This page contains information related to upcoming products, features, and functionality. It is important to note that the information presented is for informational purposes only. Please do not rely on this information for purchasing or planning purposes. The development, release, and timing of any products, features, or functionality may be subject to change or delay and remain at the sole discretion of GitLab Inc.
Status Authors Coach DRIs Owning Stage Created
proposed devops verify -

GitLab Secrets Manager ADR 003: Implement Secrets Manager in Go

Following ADR-002 highlighting the need to integrate with GCP services, we do need to decide what tech stack is going to be used to build GitLab Secrets Manager Service (GSMS).
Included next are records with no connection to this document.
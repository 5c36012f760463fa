-- ===== src/Document/Invariant/Delete.antt =====
-- applyDelete keeps the invariant: a tombstone for an element that is there, a note for one that
-- is not. And the invariant holds of the new document.
use crdt_networking_applicat.Prelude.{
  ◌≡◌, refl, sym, ap, subst, ◌∙◌, ◌↔◌, ◌⊎◌, inl, inr, Bool, true, false, some, some-injective, List,
  [], ◌∷◌, In, arith, if_pos, if_neg, Bool-cases, ite,
}
use crdt_networking_applicat.Prelude.Maps.{
  lookup, contains, modify, emplace, lookup_of_contains, contains_of_lookup, lookup-modify_ne,
  lookup-modify-some, contains-modify, contains-emplace_self, contains-emplace_ne, length-modify,
  same_key,
}
use crdt_networking_applicat.Ids.{ElementId, id_key, root_id}
use crdt_networking_applicat.Operation.{Character, set_deleted, InsertOperation, RemoveOperation}
use crdt_networking_applicat.Document.{Document, list_at, apply_delete, new_document}
use crdt_networking_applicat.Document.Invariant.{Has, Lacks, Origin, Inv, waiting_for}

abbrev pub AddId : ElementId → (ElementId → Type 0) → ElementId → Type 0
AddId y R x = (x ≡ y) ⊎ R x

module _ {T : InsertOperation → Type 0} {R P : ElementId → Type 0} {d : Document} (v : Inv T R P d)
    (t : ElementId) where
  -- The element with the tombstone, or without.
  abbrev buried : Document
  buried = record d { elements = modify t (set_deleted true) d.elements }

  abbrev noted : Document
  noted = record d { buffered_deletes = emplace t tt d.buffered_deletes }

  same_has : (x : ElementId) → contains x buried.elements ≡ contains x d.elements
  same_has x = contains-modify t x (set_deleted true) d.elements

  -- An element of the new document is one of the old with its character.
  was :
      (x : ElementId) (c : Character)
      → lookup x buried.elements ≡ some c
      → (c' : Character) × (lookup x d.elements ≡ some c')
        × (c.actual_char ≡ c'.actual_char)
        × ((c.deleted ≡ true) ↔ ((x ≡ t) ⊎ (c'.deleted ≡ true)))
  was x c h =
      let (c', e) =
        lookup_of_contains x d.elements
          (sym (same_has x) ∙ contains_of_lookup x buried.elements h) in
      elim (same_key t x) [
        | yes p ↦
            let dead : c ≡ set_deleted true c' = some-injective c (set_deleted true c') (
              sym h
              ∙ subst (λ y. lookup y buried.elements ≡ some (set_deleted true c')) p
                  (lookup-modify-some t (set_deleted true) d.elements c' (rw p e))) in
            (c', e, ap (λ w. w.actual_char) dead, (λ _. inl (sym p), λ _. ap (λ w. w.deleted) dead))
        | no n ↦
            let same : c ≡ c' =
              some-injective c c'
                (sym h ∙ lookup-modify_ne t x (set_deleted true) d.elements n ∙ e) in
            (
              c',
              e,
              ap (λ w. w.actual_char) same,
              (
                λ q. inr (sym (ap (λ w. w.deleted) same) ∙ q),
                elim [ inl q ↦ absurd (n (sym q)) | inr q ↦ ap (λ w. w.deleted) same ∙ q ],
              ),
            )
      ]

  buried-Origin :
      (x : ElementId) (c c' : Character)
      → c.actual_char ≡ c'.actual_char
      → Origin T v.rank d.elements d.parent_of x c'
      → Origin T v.rank buried.elements d.parent_of x c
  buried-Origin x c c' e r = record {
    oper = r.oper;
    received = r.received;
    ident_eq = r.ident_eq;
    char_eq = e ∙ r.char_eq;
    parent_eq = r.parent_eq;
    parent_there = same_has r.oper.parent ∙ r.parent_there;
    after_parent = r.after_parent;
  }

  buried_root :
      (b : Bool) × (lookup root_id buried.elements ≡ some (record { actual_char = 0; deleted = b }))
  buried_root =
      let (b, e) = v.root_element in
      elim (same_key t root_id) [
        | yes p ↦ (
          true,
          subst (λ y. lookup y buried.elements ≡ some (record { actual_char = 0; deleted = true }))
              p
              (lookup-modify-some t (set_deleted true) d.elements
                (record { actual_char = 0; deleted = b }) (rw p e)),
        )
        | no n ↦ (b, lookup-modify_ne t root_id (set_deleted true) d.elements n ∙ e)
      ]

  buried-Inv : Has d t → Inv T (AddId t R) P buried
  buried-Inv there = record {
    rank = v.rank;
    rank_lt = λ x h.
        omega (
          arith,
          v.rank_lt x (sym (same_has x) ∙ h),
          length-modify t (set_deleted true) d.elements,
        );
    root_element = buried_root;
    root_parent = v.root_parent;
    placed = λ o r h. same_has o.ident ∙ v.placed o r (sym (same_has o.parent) ∙ h);
    origin = λ x c h n. let (c', e, q, _) = was x c h in buried-Origin x c c' q (v.origin x c' e n);
    removed = λ x c h.
        let (c', e, _, iff) = was x c h in
        (
          λ q. elim (iff.0 q) [ inl s ↦ inl s | inr s ↦ inr ((v.removed x c' e).0 s) ],
          elim [ inl s ↦ iff.1 (inl s) | inr r ↦ iff.1 (inr ((v.removed x c' e).1 r)) ],
        );
    removed_later = λ x. (
      λ q. let (r, l) = (v.removed_later x).0 q in (inr r, same_has x ∙ l),
      λ r. (v.removed_later x).1 (
        elim r.0 [ inl e ↦ cc (sym (same_has x) ∙ r.1, subst (Has d) (sym e) there) | inr q ↦ q ],
        sym (same_has x) ∙ r.1,
      ),
    );
    waits = λ o r l. v.waits o r (sym (same_has o.parent) ∙ l);
    waiting_own = v.waiting_own;
    waiting_key = λ k h. same_has k ∙ v.waiting_key k h;
    waiting_entries = v.waiting_entries;
    waiting_ids = λ x h. let (l, w) = v.waiting_ids x h in (same_has x ∙ l, w);
    children_keys = λ x. v.children_keys x ∙ sym (same_has x);
    parent_keys = λ x. v.parent_keys x ∙ sym (same_has x);
    descending = v.descending;
    kin = v.kin;
  }

  noted-Inv : Lacks d t → Inv T (AddId t R) P noted
  noted-Inv missing = record {
    rank = v.rank;
    rank_lt = v.rank_lt;
    root_element = v.root_element;
    root_parent = v.root_parent;
    placed = v.placed;
    origin = v.origin;
    removed = λ x c h. (
      (λ q. inr ((v.removed x c h).0 q)),
      elim [
        | inl e ↦ cc (missing, subst (Has d) e (contains_of_lookup x d.elements h))
        | inr r ↦ (v.removed x c h).1 r
      ],
    );
    removed_later = λ x. elim (same_key t x) [
      | yes p ↦
          rw (← p) (λ _. (inl refl, missing), λ _. contains-emplace_self t tt d.buffered_deletes)
      | no n ↦ rw (contains-emplace_ne t x tt d.buffered_deletes n) (
        λ q. let (r, l) = (v.removed_later x).0 q in (inr r, l),
        λ r. (v.removed_later x).1 (elim r.0 [ inl e ↦ absurd (n (sym e)) | inr q ↦ q ], r.1),
      )
    ];
    waits = v.waits;
    waiting_own = v.waiting_own;
    waiting_key = v.waiting_key;
    waiting_entries = v.waiting_entries;
    waiting_ids = v.waiting_ids;
    children_keys = v.children_keys;
    parent_keys = v.parent_keys;
    descending = v.descending;
    kin = v.kin;
  }

pub apply_delete-Inv :
    {T : InsertOperation → Type 0} {R P : ElementId → Type 0} {d : Document} (o : RemoveOperation)
    → Inv T R P d
    → Inv T (AddId o.the_target R) P (apply_delete d o)
unfolding apply_delete
apply_delete-Inv {d = d} o v = elim (Bool-cases (contains o.the_target d.elements)) [
  | inl there ↦ rw there (buried-Inv v o.the_target there)
  | inr missing ↦ rw missing (noted-Inv v o.the_target missing)
]

module _ {V : Type 0} (w : V) (x : ElementId) where
  only_root : (c : V) → lookup x ((root_id, w) ∷ []) ≡ some c → (root_id ≡ x) × (c ≡ w)
  unfolding lookup
  only_root c h = elim (same_key root_id x) [
    | yes p ↦ (p, some-injective c w (sym h ∙ if_pos (same_key root_id x) p _ _))
    | no n ↦ cc (sym h ∙ if_neg (same_key root_id x) n _ _)
  ]

  contains_root : contains x ((root_id, w) ∷ []) ≡ ite (same_key root_id x) true false
  unfolding contains lookup
  contains_root = elim (same_key root_id x) [
    | yes p ↦ rw (if_pos _ p, if_pos _ p)
    | no n ↦ rw (if_neg _ n, if_neg _ n)
  ]

clash : ¬ (true ≡ false)
clash e = cc

nothing_buffered : (V : Type 0) (x : ElementId) → contains {V = V} x [] ≡ false
unfolding contains lookup
nothing_buffered V x = refl

no_waiting : (k : ElementId) (o : InsertOperation) → ¬ In o (waiting_for new_document k)
unfolding new_document lookup
no_waiting k o m = m

no_children :
    (p : ElementId) → ◌≡◌ {A = List ElementId} (list_at (lookup p ((root_id, []) ∷ []))) []
unfolding lookup
no_children p = elim (same_key root_id p) [ yes e ↦ rw (if_pos _ e) | no n ↦ rw (if_neg _ n) ]

pub new_document-Inv : Inv (λ o. ⊥) (λ x. ⊥) (λ x. ⊥) new_document
unfolding new_document
new_document-Inv = record {
  rank = λ x. 0;
  rank_lt = λ x h. omega arith;
  root_element = (false, unfold lookup in if_pos (same_key root_id root_id) refl _ _);
  root_parent = unfold lookup in if_pos (same_key root_id root_id) refl _ _;
  placed = λ o t. absurd t;
  origin = λ x c e n. absurd (n (sym (only_root _ x c e).0));
  removed = λ x c e. ((λ q. cc (q, (only_root _ x c e).1)), λ r. absurd r);
  removed_later = λ x. (λ e. absurd (clash (sym e ∙ nothing_buffered _ x)), λ r. absurd r.0);
  waits = λ o t. absurd t;
  waiting_own = λ k o m. absurd (no_waiting k o m);
  waiting_key = λ k e. absurd (clash (sym e ∙ nothing_buffered _ k));
  waiting_entries = λ k v m. absurd m;
  waiting_ids = λ x e. absurd (clash (sym e ∙ nothing_buffered _ x));
  children_keys = λ x. contains_root _ x ∙ sym (contains_root _ x);
  parent_keys = λ x. contains_root _ x ∙ sym (contains_root _ x);
  descending = λ p. rw (no_children p) tt;
  kin = λ p x.
      rw (no_children p) (λ m. absurd m, λ k. absurd (k.1 (sym (only_root root_id x p k.0).0)));
}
At GitLab, we usually build satellite services around GitLab Rails in Go. This is especially a good choice of technology for services that may heavily leverage concurrency and caching, where cache could be invalidated / refreshed asynchronously.

Go-based GCP KMS client library also seems to expose a reliable interface to access KMS.
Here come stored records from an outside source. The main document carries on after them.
-- ===== src/Document/History.antt =====
-- Document::apply over a whole history: it returns, throws nothing, and keeps the invariant.
use crdt_networking_applicat.Prelude.{
  suc, ◌≡◌, refl, ◌↔◌, ◌⊎◌, inl, inr, List, [], ◌∷◌, In, arith, Bool-cases,
}
use crdt_networking_applicat.Prelude.Maps.{contains}
use crdt_networking_applicat.Ids.{ElementId, id_key}
use crdt_networking_applicat.Operation.{InsertOperation, RemoveOperation, Operation, insert, remove}
use crdt_networking_applicat.Outcome.{done}
use crdt_networking_applicat.Document.{
  Document, apply, apply_insert, apply_delete, apply_history, new_document, buffer_insert,
  waiting_count,
}
use crdt_networking_applicat.Document.Invariant.{IsGenuine, Add, Has, Lacks, Inv}
use crdt_networking_applicat.Document.Invariant.Buffer.{Inv-change, known-Inv, buffer_insert-Inv}
use crdt_networking_applicat.Document.Invariant.Apply.{apply_insert-Applied, genuine_part}
use crdt_networking_applicat.Document.Invariant.Delete.{AddId, apply_delete-Inv, new_document-Inv}

-- The inserts and the removals of a history.
abbrev pub Inserted : List Operation → InsertOperation → Type 0
Inserted h o = In (insert o) h

abbrev pub Removed : List Operation → ElementId → Type 0
Removed h x = In (remove (record { the_target = x })) h

-- The state after a history, between two calls of apply: nothing is in flight.
abbrev pub Holds : (InsertOperation → Type 0) → (ElementId → Type 0) → Document → Type 0
Holds T R d = Inv T R (λ x. ⊥) d

module _ {T : InsertOperation → Type 0} {R : ElementId → Type 0} {d : Document}
    (v : Holds T R d) where
  buffered :
      (o : InsertOperation)
      → IsGenuine (Add o T)
      → Lacks d o.parent
      → (d' : Document) × (apply d (insert o) ≡ done d') × Holds (Add o T) R d'
  unfolding apply apply_insert
  buffered o g missing = elim (Bool-cases (contains o.ident d.elements)) [
    | inl known ↦ (d, rw known, known-Inv v o g known)
    | inr fresh ↦
        (buffer_insert o d, rw (fresh, missing), buffer_insert-Inv v o fresh missing g (λ m. m))
  ]

  nested :
      (o : InsertOperation)
      → IsGenuine (Add o T)
      → Has d o.parent
      → (d' : Document) × (apply d (insert o) ≡ done d') × Holds (Add o T) R d'
  unfolding apply
  nested o g there =
      let r =
        apply_insert-Applied (suc (waiting_count d.buffered_inserts)) T R (λ x. ⊥) d o v g there
          (omega arith) in
      (r.after, r.returns, Inv-change (λ o'. ((λ t. t), λ t. t)) (λ x l p. p.0) r.inv)

  pub apply-insert_Holds :
      (o : InsertOperation)
      → IsGenuine (Add o T)
      → (d' : Document) × (apply d (insert o) ≡ done d') × Holds (Add o T) R d'
  apply-insert_Holds o g = elim (Bool-cases (contains o.parent d.elements)) [
    | inl there ↦ nested o g there
    | inr missing ↦ buffered o g missing
  ]

module _ {T T' : InsertOperation → Type 0} {R R' : ElementId → Type 0} {d : Document} where
  -- The removals may be replaced by the same removals.
  pub Holds-change :
      ((o : InsertOperation) → T o ↔ T' o)
      → ((x : ElementId) → R x ↔ R' x)
      → Holds T R d
      → Holds T' R' d
  Holds-change same gone v =
      let w = Inv-change same (λ x l p. p) v in
      record {
        rank = w.rank;
        rank_lt = w.rank_lt;
        root_element = w.root_element;
        root_parent = w.root_parent;
        placed = w.placed;
        origin = w.origin;
        removed = λ x c h.
            ((λ q. (gone x).0 ((w.removed x c h).0 q)), λ r. (w.removed x c h).1 ((gone x).1 r));
        removed_later = λ x. (
          λ q. let (r, l) = (w.removed_later x).0 q in ((gone x).0 r, l),
          λ r. (w.removed_later x).1 ((gone x).1 r.0, r.1),
        );
        waits = w.waits;
        waiting_own = w.waiting_own;
        waiting_key = w.waiting_key;
        waiting_entries = w.waiting_entries;
        waiting_ids = w.waiting_ids;
        children_keys = w.children_keys;
        parent_keys = w.parent_keys;
        descending = w.descending;
        kin = w.kin;
      }

abbrev Received : List Operation → (InsertOperation → Type 0) → InsertOperation → Type 0
Received h T o = Inserted h o ⊎ T o

abbrev Gone : List Operation → (ElementId → Type 0) → ElementId → Type 0
Gone h R x = Removed h x ⊎ R x

module _ (h : List Operation) (T : InsertOperation → Type 0) (R : ElementId → Type 0) where
  Received-insert :
      (o o' : InsertOperation) → Received h (Add o T) o' ↔ Received (insert o ∷ h) T o'
  Received-insert o o' = (ground arith, ground arith)

  Received-remove :
      (o : RemoveOperation) (o' : InsertOperation) → Received h T o' ↔ Received (remove o ∷ h) T o'
  Received-remove o o' = (ground arith, ground arith)

  Gone-insert : (o : InsertOperation) (x : ElementId) → Gone h R x ↔ Gone (insert o ∷ h) R x
  Gone-insert o x = (ground arith, ground arith)

  Gone-remove :
      (o : RemoveOperation) (x : ElementId)
      → Gone h (AddId o.the_target R) x ↔ Gone (remove o ∷ h) R x
  Gone-remove o x = (ground arith, ground arith)

apply_history-Holds_from :
    (h : List Operation) (T : InsertOperation → Type 0) (R : ElementId → Type 0) (d : Document)
    → Holds T R d
    → IsGenuine (Received h T)
    → (d' : Document) × (apply_history h d ≡ done d') × Holds (Received h T) (Gone h R) d'
unfolding apply_history apply
apply_history-Holds_from [] T R d v g = (
  d,
  refl,
  Holds-change (λ o. (inr, elim [ inl m ↦ absurd m | inr t ↦ t ]))
      (λ x. (inr, elim [ inl m ↦ absurd m | inr t ↦ t ])) v,
)
apply_history-Holds_from (insert o ∷ h) T R d v g =
    let same = Received-insert h T R o in
    let g' = genuine_part (λ o'. (same o').0) g in
    let (d', e, v') = apply-insert_Holds v o (genuine_part (λ o'. inr) g') in
    let (d'', e', v'') = apply_history-Holds_from h (Add o T) R d' v' g' in
    (d'', rw e e', Holds-change same (Gone-insert h T R o) v'')
apply_history-Holds_from (remove o ∷ h) T R d v g =
    let same = Received-remove h T R o in
    let (d'', e', v'') =
      apply_history-Holds_from h T (AddId o.the_target R) (apply_delete d o) (apply_delete-Inv o v)
        (genuine_part (λ o'. (same o').0) g) in
    (d'', e', Holds-change same (Gone-remove h T R o) v'')

-- A history in which every id has one insertion and the root has none, in any order and with
-- repetitions, is applied to the new document without an exception and without running out of
-- fuel, and the invariant holds of the result.
pub apply_history-Holds :
    (h : List Operation)
    → IsGenuine (Inserted h)
    → (d : Document) × (apply_history h new_document ≡ done d) × Holds (Inserted h) (Removed h) d
apply_history-Holds h g =
    let (d, e, v) =
      apply_history-Holds_from h (λ o. ⊥) (λ x. ⊥) new_document new_document-Inv
        (genuine_part (λ o. elim [ inl m ↦ m | inr t ↦ absurd t ]) g) in
    (
      d,
      e,
      Holds-change (λ o. (elim [ inl m ↦ m | inr t ↦ absurd t ], inl))
          (λ x. (elim [ inl m ↦ m | inr t ↦ absurd t ], inl)) v,
    )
Implement GitLab Secrets Manager Service in Go. Use labkit as a minimalist library to provide common functionality shared by satellite servicies.


The team that is going to own GitLab Secrets Manager feature will need to gain more Go expertise.


We considered implementing GitLab Secrets Manager Service in Ruby, but we concluded that using Ruby will not allow us to build a service that will be efficient enough.